# Token vs. Sentence Embeddings

In [None]:
#!pip install datasets

In [None]:
# Dependencies
import torch
import numpy as np
import seaborn as sns
import pandas as pd
import scipy

from transformers import BertModel, BertTokenizer
from datasets import load_dataset

## Warning control
import warnings
warnings.filterwarnings('ignore')

## Setup

In [None]:
#
model_name = "bert-base-uncased"
tokenizer = BertTokenizer.from_pretrained(model_name)
model = BertModel.from_pretrained(model_name)

In [None]:
#
def get_sentence_embedding(sentence):
    encoded_input = tokenizer(sentence, padding=True, truncation=True, return_tensors='pt')
    attention_mask = encoded_input['attention_mask']   # to indicate which tokens are valid and which are padding

    # Get the model output (without the specific classification head)
    with torch.no_grad():
        output = model(**encoded_input)

    token_embeddings = output.last_hidden_state
    input_mask_expanded = attention_mask.unsqueeze(-1).expand(token_embeddings.size()).float()

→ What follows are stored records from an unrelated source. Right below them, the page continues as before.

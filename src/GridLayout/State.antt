-- ===== src/GridLayout/State.antt =====
-- GRID_CELL and GRID_LAYOUT of mgfc/gridlayout.h, and the functions of mgfc/gridlayout.c that make
-- a layout, size its rows and columns and fill its cells. A pointer is a number, NULL is 0.
-- The counts and the extent of a layout are never negative: `CreateGridLayout` and
-- `SetGridLayoutRect` turn such arguments away. The fields `hwndAttached`, `revert` and `flag` are
-- never read, and memory never runs out.
use ministudo_guibuilder.Prelude.{
  ℕ, Bool, true, false, ◌&&◌, ◌||◌, Option, none, some, List, ◌==◌, if◌then◌else◌, replicate,
  modify,
}
use ministudo_guibuilder.Prelude.Int.{ℤ, pos, pos_part, ltb_ℤ, leb_ℤ}
use ministudo_guibuilder.Prelude.Access.{Access, ok, ◌>>=◌, read}
use ministudo_guibuilder.GridLayout.Units.{
  LayoutUnit, lut_spliter, zero_unit, to_int14, recalca_units,
}

abbrev pub gct_unknown : ℕ
gct_unknown = 0

abbrev pub gct_hwnd : ℕ
gct_hwnd = 1

abbrev pub gct_grid : ℕ
gct_grid = 2

abbrev pub gct_user : ℕ
gct_user = 3

abbrev pub gct_max : ℕ
gct_max = 4

-- `content` is the union `data`, as the pointer `data.data`.
pub record GridCell : Type 0 where
  pub kind : ℕ
  pub content : ℕ

abbrev pub empty_cell : GridCell
empty_cell = record { kind = gct_unknown; content = 0 }

-- `row_height` and `col_width` are `none` where the C pointers are NULL; cells[col][row].
pub record GridLayout : Type 0 where
  pub x : ℤ
  pub y : ℤ
  pub width : ℕ
  pub height : ℕ
  pub row_cnt : ℕ
  pub row_height : Option (List LayoutUnit)
  pub col_cnt : ℕ
  pub col_width : Option (List LayoutUnit)
  pub cells : List (List GridCell)

unfoldable pub init_grid_layout : GridLayout → ℕ → ℕ → GridLayout
init_grid_layout gl rows cols = record gl {
  row_cnt = rows;
  col_cnt = cols;
  cells = replicate cols (replicate rows empty_cell);
}

-- What `calloc` returns.
abbrev pub zero_layout : GridLayout
zero_layout = record {
  x = pos 0;
  y = pos 0;
  width = 0;
  height = 0;
  row_cnt = 0;
  row_height = none;
  col_cnt = 0;
  col_width = none;
  cells = replicate 0 (replicate 0 empty_cell);
}

unfoldable pub create_grid_layout : ℤ → ℤ → Option GridLayout
unfolding init_grid_layout
create_grid_layout rows cols =
    if leb_ℤ rows (pos 0) || leb_ℤ cols (pos 0)
    then none
    else some (init_grid_layout zero_layout (pos_part rows) (pos_part cols))

-- The two stores through `units[idx]`.
abbrev pub request_at : List LayoutUnit → ℕ → ℕ → ℤ → List LayoutUnit
request_at us i kind size = modify us i (λ u. record u { kind = kind; logic_size = to_int14 size })

abbrev pub allocated : Option (List LayoutUnit) → ℕ → List LayoutUnit
allocated none n = replicate n zero_unit
allocated (some us) n = us

unfoldable pub set_unit_size :
    Option (List LayoutUnit) → ℤ → ℕ → ℕ → ℤ → ℤ → Option (List LayoutUnit)
set_unit_size units idx n width kind size =
    if ltb_ℤ idx (pos 0) || leb_ℤ (pos n) idx
    then units
    else (let stored = if ltb_ℤ kind (pos 0) || ltb_ℤ (pos 3) kind then 0 else pos_part kind in
        some
          (recalca_units (request_at (allocated units n) (pos_part idx) stored size) (pos width)))

unfoldable pub grid_layout_set_row_height : GridLayout → ℤ → ℤ → ℤ → GridLayout
grid_layout_set_row_height gl row kind size =
    if leb_ℤ (pos gl.row_cnt) row
    then gl
    else record gl { row_height = set_unit_size gl.row_height row gl.row_cnt gl.height kind size }

unfoldable pub grid_layout_set_col_width : GridLayout → ℤ → ℤ → ℤ → GridLayout
grid_layout_set_col_width gl col kind size =
    if leb_ℤ (pos gl.col_cnt) col
    then gl
    else record gl { col_width = set_unit_size gl.col_width col gl.col_cnt gl.width kind size }

-- `units && units[i].type == lutSpliter`
abbrev pub is_spliter_at : Option (List LayoutUnit) → ℤ → Access Bool
is_spliter_at none i = ok false
is_spliter_at (some us) i = do u ← read us i; ok (u.kind == lut_spliter)

-- The test that guards the cell functions, as it is written: each range check asks for an index
-- that is negative and too large at once.
unfoldable pub out_of_grid : GridLayout → ℤ → ℤ → Bool
out_of_grid gl row col =
    (ltb_ℤ col (pos 0) && leb_ℤ (pos gl.col_cnt) col)
    || (ltb_ℤ row (pos 0) && leb_ℤ (pos gl.row_cnt) row)

unfoldable pub refuses : GridLayout → ℤ → ℤ → Access Bool
refuses gl row col = if out_of_grid gl row col then ok true else do
  in_column ← is_spliter_at gl.col_width col
  if in_column then ok true else is_spliter_at gl.row_height row

abbrev pub cell_at : GridLayout → ℤ → ℤ → Access GridCell
cell_at gl row col = do column ← read gl.cells col; read column row

abbrev pub put_cell : GridLayout → ℤ → ℤ → GridCell → GridLayout
put_cell gl row col c = record gl {
  cells = modify gl.cells (pos_part col) (λ column. modify column (pos_part row) (λ _. c));
}

unfoldable pub grid_layout_get_cell : GridLayout → ℤ → ℤ → Access ℕ
grid_layout_get_cell gl row col = do
  refused ← refuses gl row col
  if refused then ok 0 else do c ← cell_at gl row col; ok c.content

-- The old content, and the layout afterwards.
unfoldable pub grid_layout_set_cell : GridLayout → ℤ → ℤ → ℤ → ℕ → Access (ℕ × GridLayout)
grid_layout_set_cell gl row col kind content = do
  refused ← refuses gl row col
  if refused || leb_ℤ kind (pos gct_unknown) || leb_ℤ (pos gct_max) kind then ok (0, gl) else do
    c ← cell_at gl row col
    ok (c.content, put_cell gl row col (record { kind = pos_part kind; content = content }))

-- The type of the cell stays.
unfoldable pub grid_layout_remove : GridLayout → ℤ → ℤ → Access (ℕ × GridLayout)
grid_layout_remove gl row col =
    if out_of_grid gl row col
    then ok (0, gl)
    else do c ← cell_at gl row col; ok (c.content, put_cell gl row col (record c { content = 0 }))
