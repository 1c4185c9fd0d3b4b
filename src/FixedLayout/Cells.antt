-- ===== src/FixedLayout/Cells.antt =====
-- The cells of a fixed layout and their list, in mgfc/fixedlayout.c: `FixedLayoutInit`,
-- `FixedLayoutInsert`, `FixedLayoutClear`, and showing the cells. Cells lie at addresses; address 0
-- is NULL, and an address that holds no cell is not allocated.
use ministudo_guibuilder.Prelude.{
  ℕ, zero, suc, Bool, true, false, ◌&&◌, ◌||◌, Option, none, some, List, [], ◌∷◌, ◌==◌,
  if◌then◌else◌,
}
use ministudo_guibuilder.Prelude.Int.{ℤ, pos, pos_part, leb_ℤ}
use ministudo_guibuilder.Prelude.Access.{Access, ok, fault, ◌>>=◌, of_option}
use ministudo_guibuilder.GridLayout.Units.{LayoutUnit}
use ministudo_guibuilder.GridLayout.State.{gct_hwnd, gct_grid, gct_user, gct_max}

pub record CellRect : Type 0 where
  pub x : LayoutUnit
  pub y : LayoutUnit
  pub w : LayoutUnit
  pub h : LayoutUnit

-- `content` is the union `data`: a window or the address of a layout or of a user cell.
pub record FixedCell : Type 0 where
  pub rect : CellRect
  pub cell_type : ℕ
  pub content : ℕ
  pub next : ℕ

pub record FixedLayout : Type 0 where
  pub head : ℕ
  pub x : ℤ
  pub y : ℤ
  pub w : ℤ
  pub h : ℤ

abbrev pub Heap : Type 0
Heap = ℕ → Option FixedCell

abbrev pub put_fixed : Heap → ℕ → FixedCell → Heap
put_fixed cells p c = λ q. if q == p then some c else cells q

abbrev pub free_fixed : Heap → ℕ → Heap
free_fixed cells p = λ q. if q == p then none else cells q

-- `FixedLayoutInit`, without the table of functions.
abbrev pub fixed_layout_init : FixedLayout
fixed_layout_init = record { head = 0; x = pos 0; y = pos 0; w = pos 0; h = pos 0 }

-- `FixedLayoutInsert`, with the address that `malloc` returns. It is not checked, and nothing can
-- be stored at NULL.
unfoldable pub fixed_layout_insert :
    Heap → FixedLayout → ℕ → ℤ → Option CellRect → ℕ → Access (Bool × Heap × FixedLayout)
fixed_layout_insert cells pfl p kind none celldata = ok (false, cells, pfl)
fixed_layout_insert cells pfl p kind (some rect) celldata =
    if celldata == 0 || leb_ℤ kind (pos 0) || leb_ℤ (pos gct_max) kind
    then ok (false, cells, pfl)
    else if p == 0
    then fault
    else ok (
      true,
      put_fixed cells p
          (record { rect = rect; cell_type = pos_part kind; content = celldata; next = pfl.head }),
      record pfl { head = p },
    )

-- The loop of `FixedLayoutClear`: `pcell->next` is read when `pcell` has been freed. On fuel, one
-- unit for each cell.
unfoldable pub clear_loop : ℕ → Heap → ℕ → Access Heap
clear_loop zero cells p = fault
clear_loop (suc fuel) cells p =
    if p == 0
    then ok cells
    else (of_option (free_fixed cells p p) >>= λ c. clear_loop fuel (free_fixed cells p) c.next)

unfoldable pub fixed_layout_clear : ℕ → Heap → FixedLayout → Access (Heap × FixedLayout)
fixed_layout_clear fuel cells pfl =
    clear_loop fuel cells pfl.head >>= λ rest. ok (rest, record pfl { head = 0 })

-- `ShowWindow`, `GridLayoutShow` and the function `show` of a user cell, as they are called.
pub data Show : Type 0 where
  show_window : ℕ → Bool → Show
  show_grid : ℕ → Bool → Show
  show_user : ℕ → Bool → Show

pub data Shown : Type 0 where
  shown : List Show → Shown
  crash : Shown
  out_of_fuel : Shown

abbrev pub then_show : List Show → Shown → Shown
then_show [] s = s
then_show (a ∷ acts) (shown rest) = shown (a ∷ rest)
then_show (a ∷ acts) crash = crash
then_show (a ∷ acts) out_of_fuel = out_of_fuel

module _ (has_show : ℕ → Bool) where
  abbrev pub show_cell : FixedCell → Bool → List Show
  show_cell c visible =
      if c.cell_type == gct_hwnd
      then show_window c.content visible ∷ []
      else if c.cell_type == gct_grid
      then show_grid c.content visible ∷ []
      else if c.cell_type == gct_user && has_show c.content
      then show_user c.content visible ∷ []
      else []

  abbrev pub show_at : Option FixedCell → Bool → Shown → Shown
  show_at none visible rest = crash
  show_at (some c) visible rest = then_show (show_cell c visible) rest

  -- `_fixedlayout_show`. The loop does not move on to the next cell.
  unfoldable pub fixedlayout_show : ℕ → Heap → ℕ → Bool → Shown
  fixedlayout_show zero cells p visible = out_of_fuel
  fixedlayout_show (suc fuel) cells p visible =
      let rest = fixedlayout_show fuel cells p visible in
      if p == 0 then shown [] else show_at (cells p) visible rest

    # mean pooling operation, considering the BERT input_mask and padding
    sentence_embedding = torch.sum(token_embeddings * input_mask_expanded, 1) / torch.clamp(input_mask_expanded.sum(1), min=1e-9)

    return sentence_embedding.flatten().tolist()

In [None]:
#
def cosine_similarity_matrix(features):
    norms = np.linalg.norm(features, axis=1, keepdims=True)
    normalized_features = features / norms
    similarity_matrix = np.inner(normalized_features, normalized_features)
    rounded_similarity_matrix = np.round(similarity_matrix, 4)
    return rounded_similarity_matrix

In [None]:
# Helper function to plot similarity matrix
def plot_similarity(labels, features, rotation):
    sim = cosine_similarity_matrix(features)
    sns.set_theme(font_scale=1.2)
    g = sns.heatmap(sim, xticklabels=labels, yticklabels=labels, vmin=0, vmax=1, cmap="YlOrRd")
    g.set_xticklabels(labels, rotation=rotation)
    g.set_title("Semantic Textual Similarity")
    return g

## Token Embeddings

In [None]:
#
messages = [
    # Smartphones
    "I like my phone",
    "My phone is not good.",
    "Your cellphone looks great.",

    # Weather
    "Will it snow tomorrow?",
    "Recently a lot of hurricanes have hit the US",
    "Global warming is real",

    # Food and health
    "An apple a day, keeps the doctors away",
    "Eating strawberries is healthy",
    "Is paleo better than keto?",

    # Asking about age
    "How old are you?",
    "what is your age?",
]

In [None]:
#
embeddings = []
for t in messages:
    emb = get_sentence_embedding(t)
    embeddings.append(emb)

plot_similarity(messages, embeddings, 90)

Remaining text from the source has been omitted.